On March 12, 1954, three bandits robbing the Greenwood Branch of Seattle First National Bank shoot and kill Seattle Police Officer Frank Hardy (1923-1954). Two other officers, Vernon Chase and Sgt. Howard Slessman, are seriously wounded. The killers are traced to British Columbia, but no one is ever convicted of the crime.
Brazen Crime
According to a 2010 account in the Seattle Post-Intelligencer, the killers opened fire ruthlessly and made a quick getaway, but left most their loot behind:
"At 10:40 a.m. on March 12, 1954, three middle-age men walked into what was then the Seattle-First National Bank at 404 N. 85th St. wearing glasses as part of a disguise. 'I saw one of the men talking to the bank manager quietly and thought he was making some kind of joke because he was wearing a big false rubber nose,' a teller told the P-I at the time. One of the men pulled a pistol on bank manager Kenneth McElhaney and ordered him to open the vaults. A second man watched the front doors. The third robber went to the tellers' cages and grabbed cash.

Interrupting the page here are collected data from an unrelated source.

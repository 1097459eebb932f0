-- ===== src/Config/Scalars.antt =====
-- src/config/resolve.rs: the scalars of a flag or a variable, `parse_scalar`, and the name of a variable,
-- `env_name_for`. A float is its text; whether a text is a float is `parse::<f64>()`, an argument.
use Prim.Native.Char.{Char, code}
use Prim.Native.String.{[], ◌∷◌, slice}
use automated_flywheel_setup.Base.{
  ℕ, ◌+◌, ◌-◌, ◌^◌, String, ◌++ₛ◌, Bool, true, false, ◌&&◌, Option, none, some, ◌==ₛ◌, leb, ltb,
  eqb, is_empty, contains, trim, digits_from, if◌then◌else◌,
}
use automated_flywheel_setup.Base.Int.{ℤ, pos, sub_ℕ}
use automated_flywheel_setup.Config.Toml.{Scalar}

-- The digits behind a sign, of which there is one at least.
abbrev unsigned_number : String → Option ℕ
unsigned_number s = if is_empty s then none else digits_from 0 s

abbrev non_negative : Option ℕ → Option ℤ
non_negative none = none
non_negative (some n) = if ltb n (2 ^ 63) then some (pos n) else none

abbrev negated : Option ℕ → Option ℤ
negated none = none
negated (some n) = if leb n (2 ^ 63) then some (sub_ℕ 0 n) else none

-- `parse::<i64>()`
unfoldable pub parse_i64 : String → Option ℤ
unfolding digits_from
parse_i64 [] = none
parse_i64 (c ∷ s) =
    if eqb (code c) 45
    then negated (unsigned_number s)
    else if eqb (code c) 43
    then non_negative (unsigned_number s)
    else non_negative (unsigned_number (c ∷ s))

-- A letter at the same place of another alphabet.
abbrev letter : String → ℕ → Char → String → String
letter alphabet first c rest =
    if leb first (code c) && leb (code c) (first + 25)
    then slice alphabet (code c - first) (code c - first + 1) ++ₛ rest
    else c ∷ rest

-- `to_ascii_lowercase`
unfoldable pub to_ascii_lowercase : String → String
to_ascii_lowercase [] = []
to_ascii_lowercase (c ∷ s) = letter "abcdefghijklmnopqrstuvwxyz" 65 c (to_ascii_lowercase s)

-- `to_ascii_uppercase`
unfoldable pub to_ascii_uppercase : String → String
to_ascii_uppercase [] = []
to_ascii_uppercase (c ∷ s) = letter "ABCDEFGHIJKLMNOPQRSTUVWXYZ" 97 c (to_ascii_uppercase s)

-- `match t.to_ascii_lowercase()`
unfoldable pub boolean_or_text : String → Scalar
unfolding to_ascii_lowercase
boolean_or_text t =
    if to_ascii_lowercase t ==ₛ "true"
    then Scalar.boolean true
    else if to_ascii_lowercase t ==ₛ "false"
    then Scalar.boolean false
    else Scalar.string t

abbrev integer_or : Option ℤ → Scalar → Scalar
integer_or none other = other
integer_or (some i) other = Scalar.integer i

-- `parse_scalar`
unfoldable pub parse_scalar : (String → Bool) → String → Scalar
unfolding parse_i64 boolean_or_text trim contains
parse_scalar is_float s = integer_or (parse_i64 (trim s)) (
    if is_float (trim s) && contains (trim s) "."
    then Scalar.float (trim s)
    else boolean_or_text (trim s))

-- `key.replace('.', "_")`
unfoldable pub underscored : String → String
underscored [] = []
underscored (c ∷ s) = let rest = underscored s in if eqb (code c) 46 then "_" ++ₛ rest else c ∷ rest

-- `ENV_PREFIX`
abbrev pub env_prefix : String
env_prefix = "AFSC_"

-- `env_name_for`
unfoldable pub env_name_for : String → String
unfolding to_ascii_uppercase underscored
env_name_for key = env_prefix ++ₛ to_ascii_uppercase (underscored key)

"The roughly 20 people in the bank froze as the robber by the vault yelled to take only the large bills. One employee triggered a silent alarm at 10:43 a.m. Three officers – Hardy, Sgt. Howard Michael Slessman and Vernon R. Chase – arrived in separate patrol cars. 'I got my shotgun out and activated it,' Slessman told a P-I reporter that Friday. 'Then I ran in through the first of two sets of swinging doors ... I saw a man I thought was one of the bank employees. He was deliberate and cool as he swung up that automatic and fired at me right through the plate glass of the inside swinging doors.' The shot knocked him down and paralyzed his right arm. Slessman, who tried to reach for his shotgun but couldn't, had been hit in the lungs.
"Hardy was hit by a .45 caliber pistol shot when one of the robbers fired through a quarter-inch plate glass window. One of the bandits smashed a west window and leaped through. As he did, one of the two others shot Chase near an east door. The two robbers jumped into a stolen green Oldsmobile sedan, slowed about a block from the bank to pick up the other robber, then sped away northbound on Phinney Avenue North. During the race to escape, one of the robbers dropped a bag containing about $90,000. They escaped with only $6,900" ("P-I Archive: Story of 1954 Greenwood Bank Robbery").
A patrolman followed the killers in his police cruiser but lost track of their car about 18 blocks from the bank. The getaway car was later found in Ballard, but the perpetrators had vanished. Police eventually followed leads to Port Townsend and into British Columbia with no success, and the case went dark until 1963, when ex-convict John Wasylenchuk was arrested in Vancouver, B.C., as the suspect in Hardy's death. "Seattle police had theorized for years that the robbers were somewhere in Canada, and it was believed they were behind bars for other crimes. One longtime Seattle police official familiar with the case said investigators believe members of the Royal Canadian Mounted Police were involved with the 1954 crime. As late as 1958, investigators believed one of the robbers was a woman disguised as a man" ("P-I Archive: Story of 1954 Greenwood Bank Robbery").
Wasylenchuk was tried and acquitted, and no other suspects were tried for their participation in the crimes. Hardy, a graduate of Franklin High School in Seattle, left behind his wife Rolene, daughter Antoinette, 5, and newborn son Frank Jr., 12 weeks old. Slessman and Chase recovered from their wounds and returned to work in July 1954.